Start of Block
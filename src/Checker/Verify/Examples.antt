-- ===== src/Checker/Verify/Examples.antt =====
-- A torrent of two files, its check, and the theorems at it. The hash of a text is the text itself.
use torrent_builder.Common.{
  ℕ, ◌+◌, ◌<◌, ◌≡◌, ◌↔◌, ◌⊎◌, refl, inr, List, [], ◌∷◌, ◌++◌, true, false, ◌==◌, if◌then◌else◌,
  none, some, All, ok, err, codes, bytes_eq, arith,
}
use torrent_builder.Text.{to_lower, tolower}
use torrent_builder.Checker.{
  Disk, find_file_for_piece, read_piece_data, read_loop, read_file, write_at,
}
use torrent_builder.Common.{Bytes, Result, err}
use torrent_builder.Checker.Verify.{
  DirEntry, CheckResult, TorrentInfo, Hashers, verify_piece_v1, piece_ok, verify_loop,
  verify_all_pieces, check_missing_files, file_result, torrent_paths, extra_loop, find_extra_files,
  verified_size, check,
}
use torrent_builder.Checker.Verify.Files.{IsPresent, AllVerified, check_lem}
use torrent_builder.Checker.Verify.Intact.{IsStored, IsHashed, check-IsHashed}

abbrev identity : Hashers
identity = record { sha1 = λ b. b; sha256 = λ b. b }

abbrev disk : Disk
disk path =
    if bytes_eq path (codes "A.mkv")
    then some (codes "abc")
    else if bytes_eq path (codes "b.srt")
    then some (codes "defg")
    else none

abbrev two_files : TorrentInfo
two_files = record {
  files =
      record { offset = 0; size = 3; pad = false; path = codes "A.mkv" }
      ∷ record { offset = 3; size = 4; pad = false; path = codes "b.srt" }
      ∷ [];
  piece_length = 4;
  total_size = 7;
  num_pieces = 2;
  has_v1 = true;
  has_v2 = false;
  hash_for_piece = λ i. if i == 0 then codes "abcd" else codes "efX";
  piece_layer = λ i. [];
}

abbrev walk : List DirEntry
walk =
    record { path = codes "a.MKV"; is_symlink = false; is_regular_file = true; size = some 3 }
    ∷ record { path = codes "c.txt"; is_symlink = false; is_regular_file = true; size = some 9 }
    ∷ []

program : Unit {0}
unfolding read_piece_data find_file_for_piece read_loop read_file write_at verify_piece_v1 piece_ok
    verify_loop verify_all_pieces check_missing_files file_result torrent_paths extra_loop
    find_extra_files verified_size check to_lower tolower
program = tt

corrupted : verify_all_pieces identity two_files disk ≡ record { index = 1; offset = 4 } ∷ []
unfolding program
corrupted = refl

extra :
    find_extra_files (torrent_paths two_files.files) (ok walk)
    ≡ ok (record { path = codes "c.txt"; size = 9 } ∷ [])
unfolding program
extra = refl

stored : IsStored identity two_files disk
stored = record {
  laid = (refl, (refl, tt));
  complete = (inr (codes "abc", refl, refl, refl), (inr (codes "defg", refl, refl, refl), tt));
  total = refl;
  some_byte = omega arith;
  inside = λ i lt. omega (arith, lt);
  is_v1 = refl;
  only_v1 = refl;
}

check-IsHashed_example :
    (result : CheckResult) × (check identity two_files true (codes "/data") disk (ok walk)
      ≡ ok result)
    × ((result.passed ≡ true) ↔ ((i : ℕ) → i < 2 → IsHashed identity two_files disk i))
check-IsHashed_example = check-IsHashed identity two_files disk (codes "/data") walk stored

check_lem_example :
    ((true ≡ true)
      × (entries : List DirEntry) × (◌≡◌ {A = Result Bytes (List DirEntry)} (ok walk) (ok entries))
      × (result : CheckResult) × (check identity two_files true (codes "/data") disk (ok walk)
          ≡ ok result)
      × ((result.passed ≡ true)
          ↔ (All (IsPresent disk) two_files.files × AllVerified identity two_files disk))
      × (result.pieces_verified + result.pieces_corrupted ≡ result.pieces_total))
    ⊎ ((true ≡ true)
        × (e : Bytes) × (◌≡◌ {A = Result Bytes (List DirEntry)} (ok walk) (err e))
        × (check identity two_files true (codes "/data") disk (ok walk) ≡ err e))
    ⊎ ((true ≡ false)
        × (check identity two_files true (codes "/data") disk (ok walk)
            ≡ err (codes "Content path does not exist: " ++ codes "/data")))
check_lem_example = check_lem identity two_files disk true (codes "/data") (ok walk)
End of Block
[Work task]: The complete listing, transcribed exactly, is the expected answer.

[Result]:
filename src/Checker/Verify/Examples.antt
-- ===== src/Checker/Verify/Examples.antt =====
-- A torrent of two files, its check, and the theorems at it. The hash of a text is the text itself.
use torrent_builder.Common.{
  ℕ, ◌+◌, ◌<◌, ◌≡◌, ◌↔◌, ◌⊎◌, refl, inr, List, [], ◌∷◌, ◌++◌, true, false, ◌==◌, if◌then◌else◌,
  none, some, All, ok, err, codes, bytes_eq, arith,
}
use torrent_builder.Text.{to_lower, tolower}
use torrent_builder.Checker.{
  Disk, find_file_for_piece, read_piece_data, read_loop, read_file, write_at,
}
use torrent_builder.Common.{Bytes, Result, err}
use torrent_builder.Checker.Verify.{
  DirEntry, CheckResult, TorrentInfo, Hashers, verify_piece_v1, piece_ok, verify_loop,
  verify_all_pieces, check_missing_files, file_result, torrent_paths, extra_loop, find_extra_files,
  verified_size, check,
}
use torrent_builder.Checker.Verify.Files.{IsPresent, AllVerified, check_lem}
use torrent_builder.Checker.Verify.Intact.{IsStored, IsHashed, check-IsHashed}

abbrev identity : Hashers
identity = record { sha1 = λ b. b; sha256 = λ b. b }

abbrev disk : Disk
disk path =
    if bytes_eq path (codes "A.mkv")
    then some (codes "abc")
    else if bytes_eq path (codes "b.srt")
    then some (codes "defg")
    else none

abbrev two_files : TorrentInfo
two_files = record {
  files =
      record { offset = 0; size = 3; pad = false; path = codes "A.mkv" }
      ∷ record { offset = 3; size = 4; pad = false; path = codes "b.srt" }
      ∷ [];
  piece_length = 4;
  total_size = 7;
  num_pieces = 2;
  has_v1 = true;
  has_v2 = false;
  hash_for_piece = λ i. if i == 0 then codes "abcd" else codes "efX";
  piece_layer = λ i. [];
}

abbrev walk : List DirEntry
walk =
    record { path = codes "a.MKV"; is_symlink = false; is_regular_file = true; size = some 3 }
    ∷ record { path = codes "c.txt"; is_symlink = false; is_regular_file = true; size = some 9 }
    ∷ []

program : Unit {0}
unfolding read_piece_data find_file_for_piece read_loop read_file write_at verify_piece_v1 piece_ok
    verify_loop verify_all_pieces check_missing_files file_result torrent_paths extra_loop
    find_extra_files verified_size check to_lower tolower
program = tt

corrupted : verify_all_pieces identity two_files disk ≡ record { index = 1; offset = 4 } ∷ []
unfolding program
corrupted = refl

extra :
    find_extra_files (torrent_paths two_files.files) (ok walk)
    ≡ ok (record { path = codes "c.txt"; size = 9 } ∷ [])
unfolding program
extra = refl

stored : IsStored identity two_files disk
stored = record {
  laid = (refl, (refl, tt));
  complete = (inr (codes "abc", refl, refl, refl), (inr (codes "defg", refl, refl, refl), tt));
  total = refl;
  some_byte = omega arith;
  inside = λ i lt. omega (arith, lt);
  is_v1 = refl;
  only_v1 = refl;
}

check-IsHashed_example :
    (result : CheckResult) × (check identity two_files true (codes "/data") disk (ok walk)
      ≡ ok result)
    × ((result.passed ≡ true) ↔ ((i : ℕ) → i < 2 → IsHashed identity two_files disk i))
check-IsHashed_example = check-IsHashed identity two_files disk (codes "/data") walk stored

check_lem_example :
    ((true ≡ true)
      × (entries : List DirEntry) × (◌≡◌ {A = Result Bytes (List DirEntry)} (ok walk) (ok entries))
      × (result : CheckResult) × (check identity two_files true (codes "/data") disk (ok walk)
          ≡ ok result)
      × ((result.passed ≡ true)
          ↔ (All (IsPresent disk) two_files.files × AllVerified identity two_files disk))
      × (result.pieces_verified + result.pieces_corrupted ≡ result.pieces_total))
    ⊎ ((true ≡ true)
        × (e : Bytes) × (◌≡◌ {A = Result Bytes (List DirEntry)} (ok walk) (err e))
        × (check identity two_files true (codes "/data") disk (ok walk) ≡ err e))
    ⊎ ((true ≡ false)
        × (check identity two_files true (codes "/data") disk (ok walk)
            ≡ err (codes "Content path does not exist: " ++ codes "/data")))
check_lem_example = check_lem identity two_files disk true (codes "/data") (ok walk)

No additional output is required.